CRONOS steht für COVID-19 Related Obstetric and Neonatal Outcome Study in Germany. Es ist eine prospektive Online-Register-Studie mit dem Ziel, deutschlandweit schwangere Frauen mit SARS-CoV-2-Infektion sowie ihrer neugeborenen Kinder zu erfassen. Man will dadurch eine Grundlage zur Beratung Schwangerer und Betreuung der Neugeborenen schaffen. Sponsor der Studie ist die Deutsche Gesellschaft für Perinatale Medizin (DGPM).

Warum kann nicht gleich los geimpft werden?

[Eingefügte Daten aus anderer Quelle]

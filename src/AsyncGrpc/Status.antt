-- ===== src/AsyncGrpc/Status.antt =====
-- `grpc::Status` as the program uses it, and its printing in async_grpc/async_grpc/iostream.cpp.
pub mod Printing
use Prim.Native.String.{String}
use async_sandbox.Prelude.{Bool, true, false}

pub data StatusCode : Type 0 where
  ok cancelled unknown invalid_argument deadline_exceeded not_found already_exists : StatusCode
  permission_denied unauthenticated resource_exhausted failed_precondition aborted : StatusCode
  out_of_range unimplemented internal unavailable data_loss do_not_use : StatusCode

pub record Status : Type 0 where
  pub error_code : StatusCode
  pub error_message : String

abbrev pub is_ok : Status → Bool
is_ok s = elim s.error_code [ ok ↦ true | _ ↦ false ]

abbrev pub ok_status : Status
ok_status = record { error_code = ok; error_message = "" }

-- The codes are those of `grpc::StatusCode`, so that the `default` of the `switch`, behind a failed
-- assertion, has no clause.
unfoldable pub to_string : StatusCode → String
to_string ok = "OK"
to_string cancelled = "CANCELLED"
to_string unknown = "UNKNOWN"
to_string invalid_argument = "INVALID_ARGUMENT"
to_string deadline_exceeded = "DEADLINE_EXCEEDED"
to_string not_found = "NOT_FOUND"
to_string already_exists = "ALREADY_EXISTS"
to_string permission_denied = "PERMISSION_DENIED"
to_string unauthenticated = "UNAUTHENTICATED"
to_string resource_exhausted = "RESOURCE_EXHAUSTED"
to_string failed_precondition = "FAILED_PRECONDITION"
to_string aborted = "ABORTED"
to_string out_of_range = "OUT_OF_RANGE"
to_string unimplemented = "UNIMPLEMENTED"
to_string internal = "INTERNAL"
to_string unavailable = "UNAVAILABLE"
to_string data_loss = "DATA_LOSS"
to_string do_not_use = "DO_NOT_USE"
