-- ===== src/AsyncGrpc/Unary.antt =====
-- A unary call between a client and a server: `ServerUnaryContext` of async_grpc/async_grpc/server.hpp
-- and `Client::CallUnary` of client.hpp. The network and gRPC decide what becomes of a call.
use async_sandbox.Prelude.{Bool, true, false}
use async_sandbox.AsyncGrpc.Status.{Status}

-- What a handler sends: `Finish` with a response, or `FinishWithError`.
pub data Reply (A : Type 0) : Type 0 where
  finish : A → Status → Reply A
  finish_with_error : Status → Reply A

-- What gRPC makes of one call: `Finish` gives false, which the callers test for though gRPC documents
-- that it does not for a unary call; it fails or is cancelled before or after the handler ran, with a
-- status; or the handler's reply arrives.
pub data Delivery : Type 0 where
  cancelled : Delivery
  failed : Status → Delivery
  lost : Status → Delivery
  delivered : Delivery

-- The server's state, and the caller's `status` and `response`.
pub record Call (S A : Type 0) : Type 0 where
  pub server : S
  pub status : Status
  pub response : A

module _ {S A : Type 0} where
  -- gRPC fills in the caller's variables; without a response it leaves that one alone.
  abbrev pub receive : Call S A → S × Reply A → Call S A
  receive c (s, finish a st) = record { server = s; status = st; response = a }
  receive c (s, finish_with_error st) = record c { server = s; status = st }

  -- `CallUnary`: the flag of `Finish`, false if the call was cancelled
  unfoldable pub call_unary : (S → S × Reply A) → Delivery → Call S A → Bool × Call S A
  call_unary handler cancelled c = (false, c)
  call_unary handler (failed st) c = (true, record c { status = st })
  call_unary handler (lost st) c = (true, record c { server = (handler c.server).0; status = st })
  call_unary handler delivered c = (true, receive c (handler c.server))
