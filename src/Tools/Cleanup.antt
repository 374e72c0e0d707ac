-- ===== src/Tools/Cleanup.antt =====
-- `cleanupArtifacts` of the Claude runner: what it may remove.
use oh_my_github_runner.Prelude.{
  ◌≡◌, refl, subst, Bool, true, false, not, ◌||◌, Option, none, some, [], ◌∷◌, ◌++◌, arith, any,
  ◌==◌, by_test,
}
use oh_my_github_runner.Commands.{Text, starts_with, same_text}
use oh_my_github_runner.Signature.Digest.{same_text_sound}
use oh_my_github_runner.Tools.Claude.{
  ClaudeToolRunnerOptions, Paths, projects_dir, claude_cleanup_artifacts, encode_projects_dir_name,
}

some_is : {a b : Text} → some a ≡ some b → a ≡ b
some_is e = cc

module _ (options : ClaudeToolRunnerOptions) (paths : Paths) (workspace_path : Text) where
  abbrev resolved : Text
  resolved = paths.resolve workspace_path

  abbrev workspaces : Text
  workspaces = paths.resolve options.workspaces_dir

  -- A directory that the cleanup of the workspace may remove.
  abbrev pub Removable : Text → Type 0
  Removable target =
      (paths.dirname target ≡ projects_dir options paths)
      × (target ≡ paths.join (projects_dir options paths) (encode_projects_dir_name resolved))
      × (paths.stat target ≡ true)
      × (starts_with (workspaces ++ paths.sep ∷ []) resolved ≡ true)
      × (any (λ c. c == paths.sep) (encode_projects_dir_name resolved) ≡ false)

  abbrev RemovesOnly : Option Text → Type 0
  RemovesOnly removed = (target : Text) → removed ≡ some target → Removable target

  -- Whatever the cleanup of a workspace removes is an existing directory just below the `projects`
  -- of Claude Code, with the encoded name of the workspace, which has no path separator; and the
  -- workspace lies below the directory of all workspaces, as the functions on paths report it.
  pub cleanup_contained : RemovesOnly (claude_cleanup_artifacts options paths workspace_path)
  unfolding claude_cleanup_artifacts
  cleanup_contained =
      by_test RemovesOnly
        (same_text resolved workspaces || not (starts_with (workspaces ++ paths.sep ∷ []) resolved))
        nothing
        λ below.
          by_test RemovesOnly
            (not (
              starts_with (encode_projects_dir_name workspaces ++ 45 ∷ [])
                (encode_projects_dir_name resolved)))
            nothing
            λ _.
              by_test RemovesOnly (any (λ c. c == paths.sep) (encode_projects_dir_name resolved))
                nothing
                λ flat.
                  by_test RemovesOnly
                    (not (same_text (paths.dirname named) (projects_dir options paths))) nothing
                    λ inside. by_test RemovesOnly (not (paths.stat named)) nothing λ there target e.
                      subst Removable (some_is e) (
                        same_text_sound _ _ (ground (arith, inside)),
                        refl,
                        ground (arith, there),
                        ground (arith, below),
                        flat,
                      )
    where
      named : Text
      named = paths.join (projects_dir options paths) (encode_projects_dir_name resolved)

      nothing : {b : Bool} → b ≡ true → RemovesOnly none
      nothing _ target e = cc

Allerdings kann es trotz der positiven Einschätzung von elf gynäkologischen und pädiatrischen Fachgesellschaften nicht direkt losgehen mit der COVID-19-Impfung von Schwangeren. Warum? DAZ.online hat bei Dr. Christian Albring, Präsident des Berufsverbands der Frauenärzte, nachgefragt. Er betont in diesem Zusammenhang die wichtige Rolle der STIKO: „In informierter partizipativer Entscheidungsfindung und nach Ausschluss allgemeiner Kontraindikationen soll die mRNA-basierte Impfung gegen COVID-19 allen Schwangeren empfohlen und priorisiert ermöglicht werden, sobald das RKI, die STIKO, die Bundes- oder Länderregierung grünes Licht geben." Albring begründet das Abwarten der STIKO-Empfehlung mit möglichen Komplikationen, die in jeder Schwangerschaft auftreten könnten: „Bei jeder Schwangerschaft sind Komplikationen möglich. Wenn diese während der Schwangerschaft in zeitlicher Nähe zu einer Impfung auftreten oder andere Schäden auftreten, sind Patientinnen und impfende Ärztinnen und Ärzte durch eine Staatshaftung geschützt. Das gilt nur, wenn eine Impf-Empfehlung des RKI, der STIKO, von Bundes- oder Länderregierungen vorliegt", betont der BVF-Präsident. Eine alleinige Unterschrift einer gesunden Schwangeren unter ihrem Impfwunsch und der Aufklärung reiche nicht aus.

Impfempfehlung auch für Stillende

Die Fachgesellschaften empfehlen auch die COVID-19-Impfung von Stillenden mit mRNA-basierten Impfstoffen. Sie wiesen eine gleichwertige Antikörperbildung und ein ähnlich geringes Nebenwirkungsprofil wie in der Schwangerschaft und bei nicht-schwangeren Frauen auf. Zudem könne eine Nestimmunität hervorgerufen, da impfinduzierte Antikörper in der Muttermilch nachgewiesen werden können. Eine Stillpause oder -verzicht sei aufgrund einer Impfung nicht erforderlich, da die mRNA des Impfstoffes nicht in der Muttermilch nachgewiesen werden konnte.